Clouds

Journal Entry: May 19, 1892

“A day of heavy cloud, peculiar, such a sense of mass and spread, the clouds with those long strong clearly-defined keel-shaped bottoms one occasionally sees: sometimes the effect was like that of a vast groined or slightly arched ceiling. Seldom have I seen such weight, solidity and power in clouds. I have observed that it never rains out of such clouds as long as this appearance continues; they must be smoothed down and melted or softened before it rains.”

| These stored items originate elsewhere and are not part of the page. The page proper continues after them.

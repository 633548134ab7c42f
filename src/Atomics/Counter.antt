-- ===== src/Atomics/Counter.antt =====
-- What atomics.c is written to show: no increment is lost.
use networking_howto.Prelude.{
  total, total-all, total_change, update, update_ne, update_self, ℕ, ◌+◌, ◌*◌, ◌≤◌, ◌<◌, ◌≡◌, ◌^◌,
  List, [], ◌∷◌, ltb, ltb→lt, Bool-cases, inl, inr, arith, refl, sym, ap, ◌∙◌, subst, u32, u64,
  ℕ_discrete,
}
use networking_howto.Locks.Counter.{AllBelow}
use networking_howto.Atomics.{Counting, count_once, count_all, zeroed}

module _ (num_threads num_iterations : ℕ) (few : num_iterations < 2 ^ 64) where
  record Counted (s : Counting) : Type 0 where
    counted : s.var ≡ u32 (total num_threads s.i)
    rounds : (u : ℕ) → s.i u ≤ num_iterations

  once-Counted :
      (t : ℕ) (s : Counting) → t < num_threads → Counted s → Counted (count_once num_iterations t s)
  unfolding count_once
  once-Counted t s l good = elim (Bool-cases (ltb (s.i t) num_iterations)) [
    | inl more ↦ rw more (advanced (ltb→lt (s.i t) num_iterations more))
    | inr over ↦ rw over good
  ]
    where
      next : s.i t < num_iterations → u64 (s.i t + 1) ≡ s.i t + 1
      next more = omega (arith, more, few)

      advanced :
          s.i t < num_iterations
          → Counted (record { var = u32 (s.var + 1); i = update s.i t (u64 (s.i t + 1)) })
      advanced more = record {
        counted =
            let was = good.counted in
            let change =
              total_change num_threads t (update s.i t (u64 (s.i t + 1))) s.i l
                (update_ne s.i t (u64 (s.i t + 1))) in
            let here = update_self s.i t (u64 (s.i t + 1)) ∙ next more in
            omega (arith, was, change, here);
        rounds = λ u. elim (ℕ_discrete u t) [
          | yes e ↦
              let here =
                ap (update s.i t (u64 (s.i t + 1))) e
                ∙ update_self s.i t (u64 (s.i t + 1))
                ∙ next more in
              omega (arith, here, more)
          | no ne ↦
              subst (λ k. k ≤ num_iterations) (sym (update_ne s.i t (u64 (s.i t + 1)) u ne))
                (good.rounds u)
        ];
      }

  all-Counted :
      (ts : List ℕ) (s : Counting)
      → AllBelow num_threads ts
      → Counted s
      → Counted (count_all num_iterations ts s)
  unfolding count_all
  all-Counted [] s below good = good
  all-Counted (t ∷ ts) s below good =
      all-Counted ts (count_once num_iterations t s) below.1 (once-Counted t s below.0 good)

  zeroed-Counted : Counted zeroed
  zeroed-Counted = record {
    counted =
        let none_yet = total-all num_threads 0 (λ u. 0) (λ u l. refl) in
        let product : num_threads * 0 ≡ 0 = grind arith in omega (arith, none_yet, product);
    rounds = λ u. omega arith;
  }

  -- For any number of threads, fewer than 2^64 rounds and any order of the increments: once every
  -- thread has made its rounds, `var` is the number of threads times the number of rounds, reduced
  -- to 32 bits.
  pub atomics_count :
      (ts : List ℕ)
      → AllBelow num_threads ts
      → let s = count_all num_iterations ts zeroed in
        ((u : ℕ) → u < num_threads → s.i u ≡ num_iterations)
        → s.var ≡ u32 (num_threads * num_iterations)
  atomics_count ts below all =
      (all-Counted ts zeroed below zeroed-Counted).counted
      ∙ ap u32 (total-all num_threads num_iterations (count_all num_iterations ts zeroed).i all)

Journal Entry: July 14, 1892

“Now at 7  P.M. great masses of cumulus clouds in the east all turned to gold by the sinking sun. The glow falls upon me here in my summer house like a huge lamp. Indicates a change in weather.”

On Milton

Journal Entry: February 29, 1894

” Milton’s poetry, for the most part, is to me a kind of London Tower filled with old armor, stuffed knights, wooden chargers, and the emblems and bedizzlements of the past. Interesting for a moment, but dead, hollow, moth-eaten. Not a live thing in one of his poems that I can find. Yes, there is a nightingale and a few flowers, and a human touch, here and there. But half a dozen pages would hold all that any man need read. The “Sampson” is said to be in the Greek spirit, but what business find he, a Puritan of Cromwell’s time, writing in the Greek spirit? Why did he not write in his own spirit, or in the Puritan spirit? the 17th Century spirit? What business had he masquerading in this old armor? He put no real life under these ribs of death. His “Paradise Lost” is a huge puppet show, so grotesque and preposterous that it is quite insufferable. Milton seems to have been a real man, but he stands there in English literature like a great museum of literary archeology. He seems to have had no experiences of his own, and rarely to have seen the earth and sky, or men and women with his own natural eyes. He saw everything through the classic eyes of the dead past. Who reads him? Professors of literature, I suppose. He was a great craftsman no doubt, but he has been of no service to mankind, except a literary service; he has helped us to realize the classic spirit of letters, and the absurdity of the old theological dramaturgy. He spoke no word to any man’s real moral or spiritual wants.”

Cultivation of Nature

Journal Entry: November 5, 1892

“I love wild virgin Nature, but I am repelled by unkept Nature, by Nature that has relapsed from cultivation, or that is only half cultivated and gone to weeds and bushes. Hence the English landscape satisfies me so much more than our own; it is a more perfect product; it is perfectly cultivated and ours is only half so. The raw, the crude — they always repel in Nature as in life”

This is an interesting excerpt that reveals a lot about Burroughs’ distinct perception of the natural world that differentiates him from other nature writers. His world and scope of inspiration was not the sublime and rugged wilderness held so dear by some naturalists, like John Muir, but the quaint countryside of his own Hudson River Valley. This mindset can be seen throughout his writing and gives it a kind of personal quality because of his commitment to looking close to home for material.

Stars

Journal Entry: February 2, 1891

“When I look up at the stars at night I am so overwhelmed sometimes that I say to myself we can not only conceive of a being that could do that, but we cannot take the first step toward conceiving him. How puny and insignificant seems the God of the churches. Therefore I say he is the most devout man who says there is no god – the utmost stretch whose thought cannot make out one feature or attribute of a being who could put those stars up there. The universe is so stupendous that it crushes any Atlas upon whose shoulders we may place is. There is no God. There is a self-existing, self-perpetuating universe.”

Honey Poetry

Journal Entry: September 13, 1890

“The bee does not gather his honey from the flowers; it is mainly his product. What he gathers from flower is sweet water – diluted grape sugar. Out of this she makes honey by a kind of digestive assimilation. It is not honey till the bee has added something special and peculiar herself. It is precisely so with the poet. He gets only the raw material of his poetry from Nature – himself must be added, his spiritual and emotional quality, before it becomes poetry. Indeed, it is so with true literature of any kind. Tis what the man himself adds to his facts or truths or teaching that makes it literature”

According to the hand-written notes on Betty Kelly’s transcription, this thought was used in in an introduction to an edition of Wake Robin. It is a perfect example of the many ways in which Burroughs draws a connection between man and Nature through writing while maintaining a very scientific and factual observation of his environment.